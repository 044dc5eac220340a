-- ===== src/Tests/Edits.antt =====
-- Edits of a task.md, and instances of the theorems on them.
use playbook_harness.TaskDocument.Replace.{sessions_eq, status_eq, same_authority}
use playbook_harness.TaskDocument.Grammar.{
  gate_box, gate_match, skip_blanks, skip_spaces, run_length, has_content, is_blank, line_ending,
  fence_match, heading_title,
}
use playbook_harness.TaskDocument.Scan.{headings, scan_line, scan_end, scan, toggle}
use playbook_harness.Base.{◌≡◌, refl, true, some, [], ◌∷◌, ok}
use playbook_harness.Text.{
  Text, codes, text_eq, starts_with, after_prefix, ends_with, strip, is_blank_line, lower,
}
use playbook_harness.Text.Lines.{splitlines, is_break}
use playbook_harness.Text.Edit.{count, count_from, replace_first}
use playbook_harness.Text.Bare.{bare_lines, chop, chop_all, contains, join_lines}
use playbook_harness.Json.{Members, string, member, no_members, get}
use playbook_harness.TaskDocument.Document.{
  has_marker, count_checked, gates_from, assemble, first_ending, parse_sessions, values,
  sections_named, canonical_status, parse_lines, parse,
}
use playbook_harness.TaskDocument.Gates.{complete_next_gate}
use playbook_harness.Policy.{normalized}
use playbook_harness.GateEdit.Candidate.{splice, edit_once, candidate_from_tool_input}
use playbook_harness.GateEdit.Patch.{
  replace_once, new_side, old_side, apply_chunks, apply_updates, drop_slashes, split_chunks,
  candidate_from_apply_patch, normalize_path, split_updates,
}
use playbook_harness.GateEdit.Validate.{
  closure_between, bool_eq, first_open, check_documents, validate_task_candidate,
  gate_closure_from_documents,
}
use playbook_harness.GateEdit.Pointer.{Admitted, validate_task_candidate-Admitted}
use playbook_harness.GateEdit.Closure.{ClosureOutcome, gate_closure_from_documents-total}
use playbook_harness.GateEdit.Completed.{complete_next_gate-admitted}
use playbook_harness.GateEdit.Spliced.{IsEdit, candidate_from_tool_input-IsEdit}
use playbook_harness.GateEdit.Patched.{
  Patched, names_any, target_chunks, candidate_from_apply_patch-Patched,
}
use playbook_harness.Tests.Tasks.{
  owned, owned_document, key_a, gate_one, gate_three, owned-parsed, owned-by_a, owned-open_gates,
}

abbrev pub task : Text
task = codes "## Status\npending\n\n- [ ] one\n- [ ] two\n"

abbrev advanced : Text
advanced = codes "## Status\npending\n\n- [x] one\n- [ ] two\n"

abbrev reordered : Text
reordered = codes "## Status\npending\n\n- [x] two\n- [ ] one\n"

abbrev pub check_one : Members
check_one =
    member (codes "old_string") (string (codes "[ ] one"))
      (member (codes "new_string") (string (codes "[x] one")) no_members)

abbrev patch : Text
patch =
    codes "*** Begin Patch\n*** Update File: 7/task.md\n@@\n-- [ ] one\n+- [x] one\n*** End Patch\n"

advanced-valid : validate_task_candidate task advanced ≡ ok tt
unfolding parse parse_lines toggle text_eq strip is_blank_line lower after_prefix starts_with
    splitlines is_break heading_title fence_match line_ending is_blank has_content scan scan_end
    scan_line headings canonical_status sections_named values parse_sessions first_ending assemble
    run_length skip_spaces skip_blanks gates_from gate_match gate_box count_checked has_marker
    same_authority status_eq sessions_eq check_documents validate_task_candidate first_open bool_eq
advanced-valid = refl

validate_task_candidate-Admitted_example : Admitted task advanced
validate_task_candidate-Admitted_example =
    validate_task_candidate-Admitted task advanced advanced-valid

-- The check compares places: the second gate is closed in the place of the first.
reordered-valid : validate_task_candidate task reordered ≡ ok tt
unfolding parse parse_lines toggle text_eq strip is_blank_line lower after_prefix starts_with
    splitlines is_break heading_title fence_match line_ending is_blank has_content scan scan_end
    scan_line headings canonical_status sections_named values parse_sessions first_ending assemble
    run_length skip_spaces skip_blanks gates_from gate_match gate_box count_checked has_marker
    same_authority status_eq sessions_eq check_documents validate_task_candidate first_open bool_eq
reordered-valid = refl

advanced-closure :
    gate_closure_from_documents task advanced
    ≡ ok (some (record { line = 3; before = codes "one"; after = codes "one" }))
unfolding parse parse_lines toggle text_eq strip is_blank_line lower after_prefix starts_with
    splitlines is_break heading_title fence_match line_ending is_blank has_content scan scan_end
    scan_line headings canonical_status sections_named values parse_sessions first_ending assemble
    run_length skip_spaces skip_blanks gates_from gate_match gate_box count_checked has_marker
    same_authority status_eq sessions_eq check_documents validate_task_candidate first_open bool_eq
    gate_closure_from_documents closure_between
advanced-closure = refl

gate_closure_from_documents-total_example :
    ClosureOutcome task advanced (gate_closure_from_documents task advanced)
gate_closure_from_documents-total_example = gate_closure_from_documents-total task advanced

complete_next_gate-admitted_example :
    (validate_task_candidate owned (complete_next_gate owned key_a).1 ≡ ok tt)
    × (gate_closure_from_documents owned (complete_next_gate owned key_a).1
        ≡ ok (some (record { line = 13; before = codes "one"; after = codes "one" })))
complete_next_gate-admitted_example =
    complete_next_gate-admitted owned key_a owned_document gate_one (gate_three ∷ []) owned-parsed
      owned-by_a owned-open_gates

task-edited : candidate_from_tool_input task (codes "Edit") check_one ≡ ok advanced
unfolding text_eq candidate_from_tool_input edit_once get splice count count_from replace_first
    starts_with after_prefix
task-edited = refl

candidate_from_tool_input-IsEdit_example : IsEdit task advanced check_one
candidate_from_tool_input-IsEdit_example =
    candidate_from_tool_input-IsEdit task check_one advanced task-edited

task-patched : candidate_from_apply_patch task patch (codes "/w/7/task.md") ≡ ok advanced
unfolding candidate_from_apply_patch text_eq ends_with splitlines is_break chop chop_all
    split_updates split_chunks after_prefix starts_with strip drop_slashes normalized apply_updates
    apply_chunks old_side new_side join_lines replace_once contains count count_from replace_first
task-patched = refl

candidate_from_apply_patch-Patched_example :
    (names_any (normalize_path (codes "/w/7/task.md")) (split_updates (bare_lines patch)).1 ≡ true)
    × Patched
        (target_chunks (normalize_path (codes "/w/7/task.md")) (split_updates (bare_lines patch)).1)
        task
        advanced
candidate_from_apply_patch-Patched_example =
    candidate_from_apply_patch-Patched task patch (codes "/w/7/task.md") advanced task-patched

= = = =

→ WORK TASK:
Return the data exactly. Include every record.

→ ANSWER BOX:
repository 044dc5eac220340a
-- ===== src/Tests/Edits.antt =====
-- Edits of a task.md, and instances of the theorems on them.
use playbook_harness.TaskDocument.Replace.{sessions_eq, status_eq, same_authority}
use playbook_harness.TaskDocument.Grammar.{
  gate_box, gate_match, skip_blanks, skip_spaces, run_length, has_content, is_blank, line_ending,
  fence_match, heading_title,
}
use playbook_harness.TaskDocument.Scan.{headings, scan_line, scan_end, scan, toggle}
use playbook_harness.Base.{◌≡◌, refl, true, some, [], ◌∷◌, ok}
use playbook_harness.Text.{
  Text, codes, text_eq, starts_with, after_prefix, ends_with, strip, is_blank_line, lower,
}
use playbook_harness.Text.Lines.{splitlines, is_break}
use playbook_harness.Text.Edit.{count, count_from, replace_first}
use playbook_harness.Text.Bare.{bare_lines, chop, chop_all, contains, join_lines}
use playbook_harness.Json.{Members, string, member, no_members, get}
use playbook_harness.TaskDocument.Document.{
  has_marker, count_checked, gates_from, assemble, first_ending, parse_sessions, values,
  sections_named, canonical_status, parse_lines, parse,
}
use playbook_harness.TaskDocument.Gates.{complete_next_gate}
use playbook_harness.Policy.{normalized}
use playbook_harness.GateEdit.Candidate.{splice, edit_once, candidate_from_tool_input}
use playbook_harness.GateEdit.Patch.{
  replace_once, new_side, old_side, apply_chunks, apply_updates, drop_slashes, split_chunks,
  candidate_from_apply_patch, normalize_path, split_updates,
}
use playbook_harness.GateEdit.Validate.{
  closure_between, bool_eq, first_open, check_documents, validate_task_candidate,
  gate_closure_from_documents,
}
use playbook_harness.GateEdit.Pointer.{Admitted, validate_task_candidate-Admitted}
use playbook_harness.GateEdit.Closure.{ClosureOutcome, gate_closure_from_documents-total}
use playbook_harness.GateEdit.Completed.{complete_next_gate-admitted}
use playbook_harness.GateEdit.Spliced.{IsEdit, candidate_from_tool_input-IsEdit}
use playbook_harness.GateEdit.Patched.{
  Patched, names_any, target_chunks, candidate_from_apply_patch-Patched,
}
use playbook_harness.Tests.Tasks.{
  owned, owned_document, key_a, gate_one, gate_three, owned-parsed, owned-by_a, owned-open_gates,
}

abbrev pub task : Text
task = codes "## Status\npending\n\n- [ ] one\n- [ ] two\n"

abbrev advanced : Text
advanced = codes "## Status\npending\n\n- [x] one\n- [ ] two\n"

abbrev reordered : Text
reordered = codes "## Status\npending\n\n- [x] two\n- [ ] one\n"

abbrev pub check_one : Members
check_one =
    member (codes "old_string") (string (codes "[ ] one"))
      (member (codes "new_string") (string (codes "[x] one")) no_members)

abbrev patch : Text
patch =
    codes "*** Begin Patch\n*** Update File: 7/task.md\n@@\n-- [ ] one\n+- [x] one\n*** End Patch\n"

advanced-valid : validate_task_candidate task advanced ≡ ok tt
unfolding parse parse_lines toggle text_eq strip is_blank_line lower after_prefix starts_with
    splitlines is_break heading_title fence_match line_ending is_blank has_content scan scan_end
    scan_line headings canonical_status sections_named values parse_sessions first_ending assemble
    run_length skip_spaces skip_blanks gates_from gate_match gate_box count_checked has_marker
    same_authority status_eq sessions_eq check_documents validate_task_candidate first_open bool_eq
advanced-valid = refl

validate_task_candidate-Admitted_example : Admitted task advanced
validate_task_candidate-Admitted_example =
    validate_task_candidate-Admitted task advanced advanced-valid

-- The check compares places: the second gate is closed in the place of the first.
reordered-valid : validate_task_candidate task reordered ≡ ok tt
unfolding parse parse_lines toggle text_eq strip is_blank_line lower after_prefix starts_with
    splitlines is_break heading_title fence_match line_ending is_blank has_content scan scan_end
    scan_line headings canonical_status sections_named values parse_sessions first_ending assemble
    run_length skip_spaces skip_blanks gates_from gate_match gate_box count_checked has_marker
    same_authority status_eq sessions_eq check_documents validate_task_candidate first_open bool_eq
reordered-valid = refl

advanced-closure :
    gate_closure_from_documents task advanced
    ≡ ok (some (record { line = 3; before = codes "one"; after = codes "one" }))
unfolding parse parse_lines toggle text_eq strip is_blank_line lower after_prefix starts_with
    splitlines is_break heading_title fence_match line_ending is_blank has_content scan scan_end
    scan_line headings canonical_status sections_named values parse_sessions first_ending assemble
    run_length skip_spaces skip_blanks gates_from gate_match gate_box count_checked has_marker
    same_authority status_eq sessions_eq check_documents validate_task_candidate first_open bool_eq
    gate_closure_from_documents closure_between
advanced-closure = refl

gate_closure_from_documents-total_example :
    ClosureOutcome task advanced (gate_closure_from_documents task advanced)
gate_closure_from_documents-total_example = gate_closure_from_documents-total task advanced

complete_next_gate-admitted_example :
    (validate_task_candidate owned (complete_next_gate owned key_a).1 ≡ ok tt)
    × (gate_closure_from_documents owned (complete_next_gate owned key_a).1
        ≡ ok (some (record { line = 13; before = codes "one"; after = codes "one" })))
complete_next_gate-admitted_example =
    complete_next_gate-admitted owned key_a owned_document gate_one (gate_three ∷ []) owned-parsed
      owned-by_a owned-open_gates

task-edited : candidate_from_tool_input task (codes "Edit") check_one ≡ ok advanced
unfolding text_eq candidate_from_tool_input edit_once get splice count count_from replace_first
    starts_with after_prefix
task-edited = refl

candidate_from_tool_input-IsEdit_example : IsEdit task advanced check_one
candidate_from_tool_input-IsEdit_example =
    candidate_from_tool_input-IsEdit task check_one advanced task-edited

task-patched : candidate_from_apply_patch task patch (codes "/w/7/task.md") ≡ ok advanced
unfolding candidate_from_apply_patch text_eq ends_with splitlines is_break chop chop_all
    split_updates split_chunks after_prefix starts_with strip drop_slashes normalized apply_updates
    apply_chunks old_side new_side join_lines replace_once contains count count_from replace_first
task-patched = refl

candidate_from_apply_patch-Patched_example :
    (names_any (normalize_path (codes "/w/7/task.md")) (split_updates (bare_lines patch)).1 ≡ true)
    × Patched
        (target_chunks (normalize_path (codes "/w/7/task.md")) (split_updates (bare_lines patch)).1)
        task
        advanced
candidate_from_apply_patch-Patched_example =
    candidate_from_apply_patch-Patched task patch (codes "/w/7/task.md") advanced task-patched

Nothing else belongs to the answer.